Like amyloid, tau tangles have also been linked to Alzheimer’s, making the protein another top target for drugmakers like Merck & Co., which is testing a phase 2 antibody called MK-2214. Biogen is also in the hunt for a tau-targeting treatment with BIIB080, recently releasing positive phase 2 data that will tee up “registrational development,” the company said.
Other companies are taking a multi-mechanism approach, including AriBio Co, which has an investigational disease modifying small molecule, AR1001, that targets neuroinflammation and tau pathology. The company recently optioned the drug to Shanghai Fosun Pharmaceutical Group.
The rise of biomarkers
Instead of the old symptom-based playbook, Alzheimer’s researchers are increasingly using biomarkers to find patients and track their progress. More than half of ongoing trials use a biomarker to guide patient enrollment, and 27% use one as a primary outcome measure, according to the report.

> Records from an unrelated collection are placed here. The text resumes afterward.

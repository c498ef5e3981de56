-- ===== src/Dbnode/Invariant/Rounds/Writing.antt =====
-- The steps of a write keep the invariant.
use part_ii_project.Base.{
  ltb, ◌==◌, Option-cases, length, increment, decrement, if-Safe, option-Safe, >>=-Safe,
  log_fatal-Safe, Safe, returns, Bytes, ◌>>=◌, ok, ℕ, ◌≤◌, refl, sym, ◌∙◌, ◌≢◌, inl, inr, true,
  ◌&&◌, not, none, some,
}
use part_ii_project.Datastore.{Store}
use part_ii_project.Packet.{
  Message, Messagetype, node_timestamp_request, same_type, client_strong_write_request,
  node_unlock_request, node_put_request,
}
use part_ii_project.Dbnode.Coordinator.{decode_timestamp_val, encode_timestamp_val}
use part_ii_project.Dbnode.State.{
  Dbnode, emit, marker, members_or_empty, set_member, key_request, key_or_nil,
}
use part_ii_project.Dbnode.Abort.{unlock_request}
use part_ii_project.Dbnode.Write.{
  local_timestamp, put_all, put_checked, choose_timestamp, commit_all, write_step, ask_timestamps,
  propagate, latest_timestamp, write_response, put_request,
}
use part_ii_project.Dbnode.Invariant.{IsWf}
use part_ii_project.Dbnode.Invariant.Steps.{
  Frame, request_members-Safe, set_member-Safe, go_idle-IsWf, abort_processing-Safe,
}

pub decode-Safe : (e : Bytes) → Safe (λ r. Unit {0}) (decode_timestamp_val e)
unfolding decode_timestamp_val
decode-Safe e =
    if-Safe (length e == 0) (λ _. returns tt)
      λ _. if-Safe (ltb (length e) 8) (λ _. log_fatal-Safe) (λ _. returns tt)

local_timestamp-Safe : (v : Bytes) → Safe (λ r. Unit {0}) (local_timestamp v)
unfolding local_timestamp
local_timestamp-Safe v =
    if-Safe (ltb 0 (length v)) (λ _. >>=-Safe (decode-Safe v) (λ r _ _. returns tt))
      (λ _. returns tt)

module _ {S E : Type 0} where
  pub emit-IsWf : (n : Dbnode S E) (m : Message) → IsWf n → IsWf (emit n m)
  unfolding emit
  emit-IsWf n m w = w

  propagate-IsWf : (n : Dbnode S E) → IsWf n → IsWf (propagate n)
  unfolding propagate
  propagate-IsWf n w = elim (Option-cases n.background_write_daemon) [
    | inl e ↦ rw (e, propagate) w
    | inr (p, e) ↦ rw (e, propagate) w
  ]

  -- The last steps of a loop over the members: the marker, and the number of answers to come.
  pub mark-Safe :
      (n b : Dbnode S E) (m : Message) (k : ℕ)
      → n.id ≤ n.num_peers
      → n.quorum_members ≢ none
      → Frame n b
      → Safe IsWf (set_member b n.id m >>= λ c. ok (record c { num_waiting_nodes = k }))
  mark-Safe n b m k self there f =
      >>=-Safe (set_member-Safe b n.id m (rw f.num self) (λ e. there (sym f.same_members ∙ e)) f.wf)
        λ c e g. returns g.wf

module _ {S E : Type 0} (st : Store S) where
  -- A write by the members' loop, for a node whose store may have changed.
  ask_timestamps-Safe :
      (n : Dbnode S E) → n.quorum_members ≢ none → IsWf n → Safe IsWf (ask_timestamps st n)
  unfolding ask_timestamps
  ask_timestamps-Safe n there w =
      >>=-Safe
        (request_members-Safe (key_request n n.client_request.id node_timestamp_request) true
          (members_or_empty n.quorum_members) n (λ d. refl) w.nodes w)
        λ b e f.
          mark-Safe n b (marker node_put_request 0) (decrement n.write_quorum_size) w.self there f

  put_all-Safe :
      (t : ℕ) (n : Dbnode S E) → n.quorum_members ≢ none → IsWf n → Safe IsWf (put_all st t n)
  unfolding put_all
  put_all-Safe t n there w =
      >>=-Safe
        (request_members-Safe (put_request n t) true (members_or_empty n.quorum_members) n1
          (λ d. refl) w.nodes w)
        λ b e f.
          mark-Safe n1 b (marker node_unlock_request t) (decrement n.write_quorum_size) w.self there
            f
    where
      n1 : Dbnode S E
      n1 = record n {
        store =
            (st.put n.store n.client_request.key (encode_timestamp_val t n.client_request.value)).0;
        uncommited_txid =
            (st.put n.store n.client_request.key (encode_timestamp_val t n.client_request.value)).1;
        uncommited_key = some n.client_request.key;
      }

  put_checked-Safe :
      (t : ℕ) (n : Dbnode S E) → n.quorum_members ≢ none → IsWf n → Safe IsWf (put_checked st t n)
  unfolding put_checked
  put_checked-Safe t n there w =
      if-Safe
        (same_type n.client_request.demux_key client_strong_write_request
          && not (n.client_request.timestamp == t))
        (λ _.
          abort_processing-Safe st
            (record n { client_request = record (n.client_request) { timestamp = t } }) w)
        (λ _. put_all-Safe t n there w)

  choose_timestamp-Safe :
      (n : Dbnode S E) → n.quorum_members ≢ none → IsWf n → Safe IsWf (choose_timestamp st n)
  unfolding choose_timestamp
  choose_timestamp-Safe n there w =
      option-Safe (st.get n.store n.client_request.key) (λ _. abort_processing-Safe st n w)
        λ v _. >>=-Safe (local_timestamp-Safe v) λ here _ _.
          put_checked-Safe
            (increment (latest_timestamp n.id (members_or_empty n.quorum_members) here)) n there w

  commit_all-Safe : (n : Dbnode S E) → IsWf n → Safe IsWf (commit_all st n)
  unfolding commit_all
  commit_all-Safe n w =
      if-Safe (not (st.commit n.store (key_or_nil n.uncommited_key) n.uncommited_txid).1)
        (λ _. abort_processing-Safe st n0 w)
        λ _.
          >>=-Safe
            (request_members-Safe (unlock_request n1 true) true (members_or_empty n1.quorum_members)
              n1 (λ d. refl) w.nodes w)
            λ b e f. returns (
              go_idle-IsWf (propagate (emit b (write_response b)))
                (propagate-IsWf (emit b (write_response b)) (emit-IsWf b (write_response b) f.wf)))
    where
      n0 : Dbnode S E
      n0 = record n {
        store = (st.commit n.store (key_or_nil n.uncommited_key) n.uncommited_txid).0;
      }

      n1 : Dbnode S E
      n1 = record n0 { uncommited_key = none; uncommited_txid = 0 }

  pub write_step-Safe :
      (t : Messagetype) (n : Dbnode S E)
      → n.quorum_members ≢ none
      → IsWf n
      → Safe IsWf (write_step st t n)
  unfolding write_step
  write_step-Safe node_timestamp_request n there w = ask_timestamps-Safe n there w
  write_step-Safe node_put_request n there w = choose_timestamp-Safe n there w
  write_step-Safe node_unlock_request n there w = commit_all-Safe n w
  write_step-Safe _ n there w = returns w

This year could prove pivotal in determining the trajectory of several approaches. Aria’s phase 3 for AR1001 is among the trials concluding this year alongside several studies of repurposed symptom-addressing drugs, including Cobenfy for Alzheimer’s psychosis and metformin.
The gaps that still exist in Alzheimer’s treatment remain significant.
“While the current FDA-approved treatments for early Alzheimer’s are a game-changing breakthrough, there is still a great unmet need for drug development to address the needs of the growing population of individuals with Alzheimer’s in all communities and across all stages of the disease,” Maria Carrillo, chief science officer and medical affairs lead at Alzheimer’s Association, said in a written release.